Tuesday, November 16, 2010

PC

Sensitive Censorship

We have been discussing censorship primarily based on issues of repression throughout this class. The blacklist was created in order to suppress communist and leftist views in America, and sexuality has been repressed in literature. All of the texts we have looked at take a view of censorship that intends to eliminate a certain worldview or social option for young people. However, it seems that there are also pervasive forms of censorship that are enforced due to sensitivity to groups or individuals. I am intrigued by this as an aspect of censorship that is really much more problematic than eliminating The Catcher in the Rye from a sophomore English reading list.

I was struck by this in the film adaptation of To Kill a Mockingbird, especially in how they treated the n word. While the film does use the term, it is used much more carefully and infrequently than in Harper Lee's novel. I think this is a laudable way to treat the source material as well the audience. While the adapters kept the term in in order to shock audiences with the hateful ideals present in Harper Lee's American South, it does not subject audiences to unnecessary hate speech. While I would have preferred a script in which the characters explicitly addressed the term differently from the novel, there is only so much room in a screenplay, and eliminating some of the uses of the n word are a laudable place to start cutting material from the novel.
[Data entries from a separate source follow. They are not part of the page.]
-- ===== src/Runtime/World/Counting.antt =====
-- src/runtime.rs: as many actors have taken a message as tasks hold a worker, at most.
use runact.Prelude.{
  ℕ, suc, zero, ◌<◌, ◌≤◌, ◌+◌, ◌≡◌, refl, ap, List, [], ◌∷◌, length, get_elem?, some, total, arith,
}
use runact.Any.{Types}
use runact.Scheduler.WorkStealing.{Scheduler, Pc, top, popping, running, scanning, moving, exited}
use runact.Scheduler.WorkStealing.Held.{busy, hold}
use runact.Runtime.{ActorTask}
use runact.Runtime.World.{Mail}
use runact.Runtime.World.Exclusive.{loop_of, counts}
use runact.Runtime.World.Occupied.{started, Held}

-- The numbers from `a` on, `n` of them.
abbrev pub from : ℕ → ℕ → List ℕ
from a zero = []
from a (suc n) = a ∷ from (suc a) n

from-none : (k a n : ℕ) → k < a → total (λ m. counts m k) (from a n) ≡ 0
from-none k a zero h = refl
from-none k a (suc n) h = ground (arith, from-none k (suc a) n (omega (arith, h)))

-- Each number is there once.
from-once : (k a n : ℕ) → total (λ m. counts m k) (from a n) ≤ 1
from-once k a zero = omega arith
from-once k a (suc n) = ground (arith, from-once k (suc a) n, from-none k (suc a) n)

-- What bounds each entry bounds all.
total-started :
    {u : Types} (mail : List (Mail u)) (a : ℕ) (f : ℕ → ℕ)
    → ((m : ℕ) (x : Mail u) → get_elem? mail m ≡ some x → started x ≤ f (a + m))
    → total started mail ≤ total f (from a (length mail))
total-started [] a f h = omega arith
total-started (x ∷ mail) a f h =
    let here : a + 0 ≡ a = omega arith in
    let next : (m : ℕ) → a + suc m ≡ suc a + m = λ m. omega arith in
    omega (
      arith,
      ap f here,
      h 0 x refl,
      total-started mail (suc a) f (λ m y at. omega (arith, h (suc m) y at, ap f (next m))),
    )

pub started_of-le :
    {u : Types} (mail : List (Mail u)) (s : Scheduler ActorTask)
    → Held mail s
    → total started mail ≤ total (λ m. busy (loop_of m) s) (from 0 (length mail))
started_of-le mail s h =
    total-started mail 0 (λ m. busy (loop_of m) s)
      (λ m x at.
        let same : 0 + m ≡ m = omega arith in
        omega (arith, h m x at, ap (λ k. busy (loop_of k) s) same))

module _ {ℓ} {B : Type ℓ} where
  total-plus : (f g : B → ℕ) (xs : List B) → total (λ x. f x + g x) xs ≡ total f xs + total g xs
  total-plus f g [] = refl
  total-plus f g (x ∷ xs) = omega (arith, total-plus f g xs)

  total-zero : (xs : List B) → total (λ _. 0) xs ≡ 0
  total-zero [] = refl
  total-zero (x ∷ xs) = omega (arith, total-zero xs)

  -- A sum of sums, in the other order.
  swap-le :
      {C : Type 0} (f : B → C → ℕ) (one : C → ℕ) (ms : List B)
      → ((c : C) → total (λ m. f m c) ms ≤ one c)
      → (cs : List C) → total (λ m. total (f m) cs) ms ≤ total one cs
  swap-le f one ms h [] = omega (arith, total-zero ms)
  swap-le f one ms h (c ∷ cs) =
      omega (arith, total-plus (λ m. f m c) (λ m. total (f m) cs) ms, h c, swap-le f one ms h cs)

hold-once :
    (n : ℕ) (pc : Pc ActorTask) → total (λ m. hold (loop_of m) pc) (from 0 n) ≤ hold (λ _. 1) pc
hold-once n (running t) = from-once t.mailbox 0 n
hold-once n top = omega (arith, total-zero (from 0 n))
hold-once n popping = omega (arith, total-zero (from 0 n))
hold-once n (scanning js) = omega (arith, total-zero (from 0 n))
hold-once n (moving ts) = omega (arith, total-zero (from 0 n))
hold-once n exited = omega (arith, total-zero (from 0 n))

-- A task is the loop of one mailbox.
pub busy-le :
    (s : Scheduler ActorTask) (n : ℕ) → total (λ m. busy (loop_of m) s) (from 0 n) ≤ busy (λ _. 1) s
busy-le s n = omega (
  arith,
  total-plus (λ m. total (hold (loop_of m)) s.workers) (λ m. total (loop_of m) s.panicked)
      (from 0 n),
  swap-le (λ m. hold (loop_of m)) (hold (λ _. 1)) (from 0 n) (hold-once n) s.workers,
  swap-le loop_of (λ _. 1) (from 0 n) (λ t. from-once t.mailbox 0 n) s.panicked,
)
In class, we have not used the n word either, perhaps due to discomfort, but also (hopefully) to positively assert that we do not condone or support the use of the word and its history. Censorship in this way can show respect to other people or social norms. No one in the class is advocating teaching Catcher in the Rye to a class of first graders, in part because of the explicit language. But this does not mean that we wish to censor first graders' reading. There is a time and a place for everything, even if we believe in the freedom of speech. Navigating between the appropriate and the censorial is tricky business that requires sensitivity and intelligence on both sides of the issue.